══ Records for processing

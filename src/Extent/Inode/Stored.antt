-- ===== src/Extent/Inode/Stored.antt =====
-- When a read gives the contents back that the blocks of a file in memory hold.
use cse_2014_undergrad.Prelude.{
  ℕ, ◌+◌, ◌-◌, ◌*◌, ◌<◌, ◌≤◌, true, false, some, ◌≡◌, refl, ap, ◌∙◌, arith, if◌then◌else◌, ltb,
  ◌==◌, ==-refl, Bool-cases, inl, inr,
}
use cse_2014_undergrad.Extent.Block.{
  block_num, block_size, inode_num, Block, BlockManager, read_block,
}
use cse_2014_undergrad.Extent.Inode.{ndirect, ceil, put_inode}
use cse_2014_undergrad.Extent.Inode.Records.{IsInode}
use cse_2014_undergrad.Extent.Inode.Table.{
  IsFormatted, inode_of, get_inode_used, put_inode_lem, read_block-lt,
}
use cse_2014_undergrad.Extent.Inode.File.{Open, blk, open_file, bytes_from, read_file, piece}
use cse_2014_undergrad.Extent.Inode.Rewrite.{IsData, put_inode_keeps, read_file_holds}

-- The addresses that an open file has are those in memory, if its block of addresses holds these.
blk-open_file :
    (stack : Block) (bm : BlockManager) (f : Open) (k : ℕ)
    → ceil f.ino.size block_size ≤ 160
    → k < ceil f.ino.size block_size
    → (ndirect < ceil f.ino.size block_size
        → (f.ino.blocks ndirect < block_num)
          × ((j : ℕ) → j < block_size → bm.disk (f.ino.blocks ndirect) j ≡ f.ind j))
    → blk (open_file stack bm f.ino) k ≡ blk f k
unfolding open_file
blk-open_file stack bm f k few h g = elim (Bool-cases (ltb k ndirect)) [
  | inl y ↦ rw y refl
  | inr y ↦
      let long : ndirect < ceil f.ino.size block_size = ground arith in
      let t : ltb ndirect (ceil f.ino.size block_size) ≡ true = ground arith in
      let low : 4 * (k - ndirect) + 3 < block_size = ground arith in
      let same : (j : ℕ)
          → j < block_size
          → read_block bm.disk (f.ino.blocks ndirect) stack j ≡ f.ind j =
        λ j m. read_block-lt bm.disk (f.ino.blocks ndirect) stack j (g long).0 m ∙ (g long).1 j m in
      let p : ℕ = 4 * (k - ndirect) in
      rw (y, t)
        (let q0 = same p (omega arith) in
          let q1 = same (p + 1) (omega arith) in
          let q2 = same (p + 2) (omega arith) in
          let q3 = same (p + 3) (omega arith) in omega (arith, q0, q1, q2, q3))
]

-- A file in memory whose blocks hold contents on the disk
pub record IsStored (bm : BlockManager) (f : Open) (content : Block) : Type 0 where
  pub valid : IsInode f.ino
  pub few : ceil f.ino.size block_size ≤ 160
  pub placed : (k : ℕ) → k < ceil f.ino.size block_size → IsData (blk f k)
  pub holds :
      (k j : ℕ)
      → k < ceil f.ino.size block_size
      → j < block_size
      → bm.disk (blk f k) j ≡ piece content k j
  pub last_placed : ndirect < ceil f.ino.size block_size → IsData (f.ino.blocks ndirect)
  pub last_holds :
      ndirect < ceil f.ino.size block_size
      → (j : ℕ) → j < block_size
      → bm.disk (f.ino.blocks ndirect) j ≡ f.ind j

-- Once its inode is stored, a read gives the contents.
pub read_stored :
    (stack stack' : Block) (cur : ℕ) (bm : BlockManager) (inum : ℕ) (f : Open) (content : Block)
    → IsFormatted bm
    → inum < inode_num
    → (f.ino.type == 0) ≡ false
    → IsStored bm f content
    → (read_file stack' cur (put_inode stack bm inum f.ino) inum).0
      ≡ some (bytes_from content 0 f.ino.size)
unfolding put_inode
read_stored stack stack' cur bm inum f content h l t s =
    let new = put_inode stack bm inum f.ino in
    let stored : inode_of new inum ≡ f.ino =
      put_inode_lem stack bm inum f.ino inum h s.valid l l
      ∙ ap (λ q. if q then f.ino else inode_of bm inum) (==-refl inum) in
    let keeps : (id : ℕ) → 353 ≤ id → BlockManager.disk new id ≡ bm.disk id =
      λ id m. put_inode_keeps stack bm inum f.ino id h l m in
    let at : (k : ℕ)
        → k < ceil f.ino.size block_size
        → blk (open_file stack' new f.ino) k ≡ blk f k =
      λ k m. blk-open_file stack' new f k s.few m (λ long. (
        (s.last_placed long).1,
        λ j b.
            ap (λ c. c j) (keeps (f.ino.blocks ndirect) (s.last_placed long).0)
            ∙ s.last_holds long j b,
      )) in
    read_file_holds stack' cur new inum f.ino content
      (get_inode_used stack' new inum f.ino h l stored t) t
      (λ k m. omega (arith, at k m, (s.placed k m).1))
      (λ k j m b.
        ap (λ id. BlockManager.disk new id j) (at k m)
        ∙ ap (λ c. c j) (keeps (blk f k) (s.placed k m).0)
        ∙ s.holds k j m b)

════
══ Records for processing

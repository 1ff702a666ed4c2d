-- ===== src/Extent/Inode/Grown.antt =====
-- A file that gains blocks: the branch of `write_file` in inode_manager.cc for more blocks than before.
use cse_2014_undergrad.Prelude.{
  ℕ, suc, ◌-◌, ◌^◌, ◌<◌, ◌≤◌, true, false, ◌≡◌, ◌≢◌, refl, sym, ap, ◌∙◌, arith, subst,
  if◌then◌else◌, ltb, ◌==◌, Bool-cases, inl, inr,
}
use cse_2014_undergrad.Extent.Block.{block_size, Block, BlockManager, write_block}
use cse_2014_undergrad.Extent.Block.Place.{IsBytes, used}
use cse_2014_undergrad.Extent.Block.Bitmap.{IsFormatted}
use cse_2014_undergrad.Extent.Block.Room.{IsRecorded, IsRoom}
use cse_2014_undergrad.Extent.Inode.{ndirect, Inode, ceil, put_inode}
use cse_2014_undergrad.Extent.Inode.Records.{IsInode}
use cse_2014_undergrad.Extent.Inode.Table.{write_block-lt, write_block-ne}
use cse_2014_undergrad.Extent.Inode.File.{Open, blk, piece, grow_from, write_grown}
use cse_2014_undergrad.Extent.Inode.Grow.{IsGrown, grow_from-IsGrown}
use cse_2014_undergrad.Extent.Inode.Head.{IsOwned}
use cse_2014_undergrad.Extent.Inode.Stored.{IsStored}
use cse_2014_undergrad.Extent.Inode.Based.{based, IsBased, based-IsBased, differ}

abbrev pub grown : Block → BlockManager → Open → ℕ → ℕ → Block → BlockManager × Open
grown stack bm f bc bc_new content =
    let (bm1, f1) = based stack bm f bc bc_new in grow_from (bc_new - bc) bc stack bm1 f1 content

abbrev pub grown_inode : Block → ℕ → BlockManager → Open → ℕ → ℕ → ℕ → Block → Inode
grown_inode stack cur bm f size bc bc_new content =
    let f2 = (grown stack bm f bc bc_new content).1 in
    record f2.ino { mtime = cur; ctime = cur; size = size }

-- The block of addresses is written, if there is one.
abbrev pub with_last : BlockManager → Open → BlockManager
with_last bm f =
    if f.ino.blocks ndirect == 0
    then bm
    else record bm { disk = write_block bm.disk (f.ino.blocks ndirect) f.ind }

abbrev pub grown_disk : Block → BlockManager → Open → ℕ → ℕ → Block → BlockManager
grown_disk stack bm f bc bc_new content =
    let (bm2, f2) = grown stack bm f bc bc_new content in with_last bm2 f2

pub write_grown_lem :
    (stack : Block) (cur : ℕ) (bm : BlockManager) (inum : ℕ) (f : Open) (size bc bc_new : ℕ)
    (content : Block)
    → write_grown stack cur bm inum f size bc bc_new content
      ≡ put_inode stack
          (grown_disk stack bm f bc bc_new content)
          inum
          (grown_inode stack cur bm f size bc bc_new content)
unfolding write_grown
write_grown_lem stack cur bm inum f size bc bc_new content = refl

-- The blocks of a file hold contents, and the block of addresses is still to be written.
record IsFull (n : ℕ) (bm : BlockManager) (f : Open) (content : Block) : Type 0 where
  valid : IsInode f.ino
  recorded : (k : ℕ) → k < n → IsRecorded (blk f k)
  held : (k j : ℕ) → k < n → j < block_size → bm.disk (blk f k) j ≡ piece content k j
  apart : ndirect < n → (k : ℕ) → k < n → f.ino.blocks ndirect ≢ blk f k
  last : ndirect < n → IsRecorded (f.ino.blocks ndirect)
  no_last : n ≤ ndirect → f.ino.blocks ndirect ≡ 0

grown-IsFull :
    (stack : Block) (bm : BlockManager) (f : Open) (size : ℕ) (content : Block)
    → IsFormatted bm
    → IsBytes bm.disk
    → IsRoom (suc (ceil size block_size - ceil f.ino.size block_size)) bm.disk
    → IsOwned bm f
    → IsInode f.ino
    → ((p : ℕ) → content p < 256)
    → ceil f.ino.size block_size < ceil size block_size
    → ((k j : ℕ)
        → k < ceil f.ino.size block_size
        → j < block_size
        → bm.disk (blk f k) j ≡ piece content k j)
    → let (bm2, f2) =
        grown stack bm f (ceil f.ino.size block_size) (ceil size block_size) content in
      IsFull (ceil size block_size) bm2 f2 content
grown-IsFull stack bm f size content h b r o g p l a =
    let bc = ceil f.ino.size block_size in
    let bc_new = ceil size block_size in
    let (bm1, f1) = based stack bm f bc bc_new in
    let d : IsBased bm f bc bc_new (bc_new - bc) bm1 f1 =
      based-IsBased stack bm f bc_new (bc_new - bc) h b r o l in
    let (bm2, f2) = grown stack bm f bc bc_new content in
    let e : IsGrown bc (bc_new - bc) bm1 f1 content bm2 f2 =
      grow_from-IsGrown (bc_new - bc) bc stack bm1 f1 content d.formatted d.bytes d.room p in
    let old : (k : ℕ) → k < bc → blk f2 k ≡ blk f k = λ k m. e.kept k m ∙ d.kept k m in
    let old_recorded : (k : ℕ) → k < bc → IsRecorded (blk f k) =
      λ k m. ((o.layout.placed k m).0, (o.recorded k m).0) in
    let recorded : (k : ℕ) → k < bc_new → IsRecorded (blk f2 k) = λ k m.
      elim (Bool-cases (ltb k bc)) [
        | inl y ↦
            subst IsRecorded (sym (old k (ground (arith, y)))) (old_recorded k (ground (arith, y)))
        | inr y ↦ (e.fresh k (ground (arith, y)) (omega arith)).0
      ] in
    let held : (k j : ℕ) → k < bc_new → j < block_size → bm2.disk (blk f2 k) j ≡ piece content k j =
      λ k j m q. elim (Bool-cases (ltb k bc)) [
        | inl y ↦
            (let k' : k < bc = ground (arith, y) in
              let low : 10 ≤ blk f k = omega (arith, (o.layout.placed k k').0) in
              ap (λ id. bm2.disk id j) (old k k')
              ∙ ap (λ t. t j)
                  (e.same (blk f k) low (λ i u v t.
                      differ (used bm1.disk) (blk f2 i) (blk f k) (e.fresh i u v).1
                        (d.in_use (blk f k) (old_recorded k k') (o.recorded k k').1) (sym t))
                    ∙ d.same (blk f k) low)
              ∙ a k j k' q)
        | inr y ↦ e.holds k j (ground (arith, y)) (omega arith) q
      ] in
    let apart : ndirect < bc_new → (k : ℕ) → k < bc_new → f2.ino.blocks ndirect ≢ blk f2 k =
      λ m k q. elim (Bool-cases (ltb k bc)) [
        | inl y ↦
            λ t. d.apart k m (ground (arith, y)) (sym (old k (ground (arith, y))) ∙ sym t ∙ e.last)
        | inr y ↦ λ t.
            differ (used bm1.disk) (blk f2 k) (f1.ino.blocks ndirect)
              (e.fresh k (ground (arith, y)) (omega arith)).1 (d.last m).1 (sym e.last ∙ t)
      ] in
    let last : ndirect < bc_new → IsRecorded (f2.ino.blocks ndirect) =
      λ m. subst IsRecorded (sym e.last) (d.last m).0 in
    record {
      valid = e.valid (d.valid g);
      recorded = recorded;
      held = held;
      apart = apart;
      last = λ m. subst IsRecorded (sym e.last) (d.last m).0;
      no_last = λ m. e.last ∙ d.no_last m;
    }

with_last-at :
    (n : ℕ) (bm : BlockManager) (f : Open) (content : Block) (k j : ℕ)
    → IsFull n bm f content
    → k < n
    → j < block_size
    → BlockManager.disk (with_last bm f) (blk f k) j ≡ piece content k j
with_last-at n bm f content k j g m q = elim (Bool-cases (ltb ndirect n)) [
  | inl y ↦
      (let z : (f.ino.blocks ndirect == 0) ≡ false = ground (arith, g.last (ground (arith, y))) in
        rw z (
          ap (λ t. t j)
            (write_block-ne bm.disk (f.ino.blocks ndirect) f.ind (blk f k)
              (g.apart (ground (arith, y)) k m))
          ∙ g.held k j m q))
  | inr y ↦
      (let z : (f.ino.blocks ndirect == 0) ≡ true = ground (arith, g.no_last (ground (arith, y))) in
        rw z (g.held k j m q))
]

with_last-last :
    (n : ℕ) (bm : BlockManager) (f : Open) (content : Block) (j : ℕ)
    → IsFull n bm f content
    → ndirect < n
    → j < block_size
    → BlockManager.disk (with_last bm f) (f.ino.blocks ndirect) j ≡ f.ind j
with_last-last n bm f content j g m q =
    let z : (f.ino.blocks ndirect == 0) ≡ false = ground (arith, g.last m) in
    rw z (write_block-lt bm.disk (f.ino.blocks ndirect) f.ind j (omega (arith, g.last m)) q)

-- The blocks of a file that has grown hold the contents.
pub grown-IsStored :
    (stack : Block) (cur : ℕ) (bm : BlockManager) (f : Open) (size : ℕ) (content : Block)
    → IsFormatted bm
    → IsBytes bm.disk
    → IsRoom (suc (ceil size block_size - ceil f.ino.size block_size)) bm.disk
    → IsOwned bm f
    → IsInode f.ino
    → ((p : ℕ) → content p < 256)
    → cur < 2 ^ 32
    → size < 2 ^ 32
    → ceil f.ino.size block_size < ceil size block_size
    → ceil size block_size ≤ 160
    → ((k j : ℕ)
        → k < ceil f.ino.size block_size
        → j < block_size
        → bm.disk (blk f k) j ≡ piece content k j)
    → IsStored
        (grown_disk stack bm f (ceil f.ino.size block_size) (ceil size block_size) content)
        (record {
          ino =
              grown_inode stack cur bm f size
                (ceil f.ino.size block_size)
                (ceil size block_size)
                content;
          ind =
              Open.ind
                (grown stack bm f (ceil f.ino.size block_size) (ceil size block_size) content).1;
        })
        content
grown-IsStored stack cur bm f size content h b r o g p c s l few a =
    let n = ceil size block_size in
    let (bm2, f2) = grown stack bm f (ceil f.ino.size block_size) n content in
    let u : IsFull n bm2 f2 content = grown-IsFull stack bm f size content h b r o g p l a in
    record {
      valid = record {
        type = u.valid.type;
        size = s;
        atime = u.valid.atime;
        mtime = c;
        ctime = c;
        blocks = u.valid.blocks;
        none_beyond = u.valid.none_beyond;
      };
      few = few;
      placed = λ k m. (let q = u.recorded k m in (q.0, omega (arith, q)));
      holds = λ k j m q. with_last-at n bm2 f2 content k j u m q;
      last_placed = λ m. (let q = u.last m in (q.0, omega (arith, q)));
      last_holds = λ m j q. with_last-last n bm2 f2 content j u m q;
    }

════

> _What the task asks_:
Copy the lines above exactly. Start with the line containing "filename src/Extent/Inode/Stored.antt", end with the line containing "(let q0 = same p (omega arith) in", and include both.

> _Answer to this task_:
filename src/Extent/Inode/Stored.antt
-- ===== src/Extent/Inode/Stored.antt =====
-- When a read gives the contents back that the blocks of a file in memory hold.
use cse_2014_undergrad.Prelude.{
  ℕ, ◌+◌, ◌-◌, ◌*◌, ◌<◌, ◌≤◌, true, false, some, ◌≡◌, refl, ap, ◌∙◌, arith, if◌then◌else◌, ltb,
  ◌==◌, ==-refl, Bool-cases, inl, inr,
}
use cse_2014_undergrad.Extent.Block.{
  block_num, block_size, inode_num, Block, BlockManager, read_block,
}
use cse_2014_undergrad.Extent.Inode.{ndirect, ceil, put_inode}
use cse_2014_undergrad.Extent.Inode.Records.{IsInode}
use cse_2014_undergrad.Extent.Inode.Table.{
  IsFormatted, inode_of, get_inode_used, put_inode_lem, read_block-lt,
}
use cse_2014_undergrad.Extent.Inode.File.{Open, blk, open_file, bytes_from, read_file, piece}
use cse_2014_undergrad.Extent.Inode.Rewrite.{IsData, put_inode_keeps, read_file_holds}

-- The addresses that an open file has are those in memory, if its block of addresses holds these.
blk-open_file :
    (stack : Block) (bm : BlockManager) (f : Open) (k : ℕ)
    → ceil f.ino.size block_size ≤ 160
    → k < ceil f.ino.size block_size
    → (ndirect < ceil f.ino.size block_size
        → (f.ino.blocks ndirect < block_num)
          × ((j : ℕ) → j < block_size → bm.disk (f.ino.blocks ndirect) j ≡ f.ind j))
    → blk (open_file stack bm f.ino) k ≡ blk f k
unfolding open_file
blk-open_file stack bm f k few h g = elim (Bool-cases (ltb k ndirect)) [
  | inl y ↦ rw y refl
  | inr y ↦
      let long : ndirect < ceil f.ino.size block_size = ground arith in
      let t : ltb ndirect (ceil f.ino.size block_size) ≡ true = ground arith in
      let low : 4 * (k - ndirect) + 3 < block_size = ground arith in
      let same : (j : ℕ)
          → j < block_size
          → read_block bm.disk (f.ino.blocks ndirect) stack j ≡ f.ind j =
        λ j m. read_block-lt bm.disk (f.ino.blocks ndirect) stack j (g long).0 m ∙ (g long).1 j m in
      let p : ℕ = 4 * (k - ndirect) in
      rw (y, t)
        (let q0 = same p (omega arith) in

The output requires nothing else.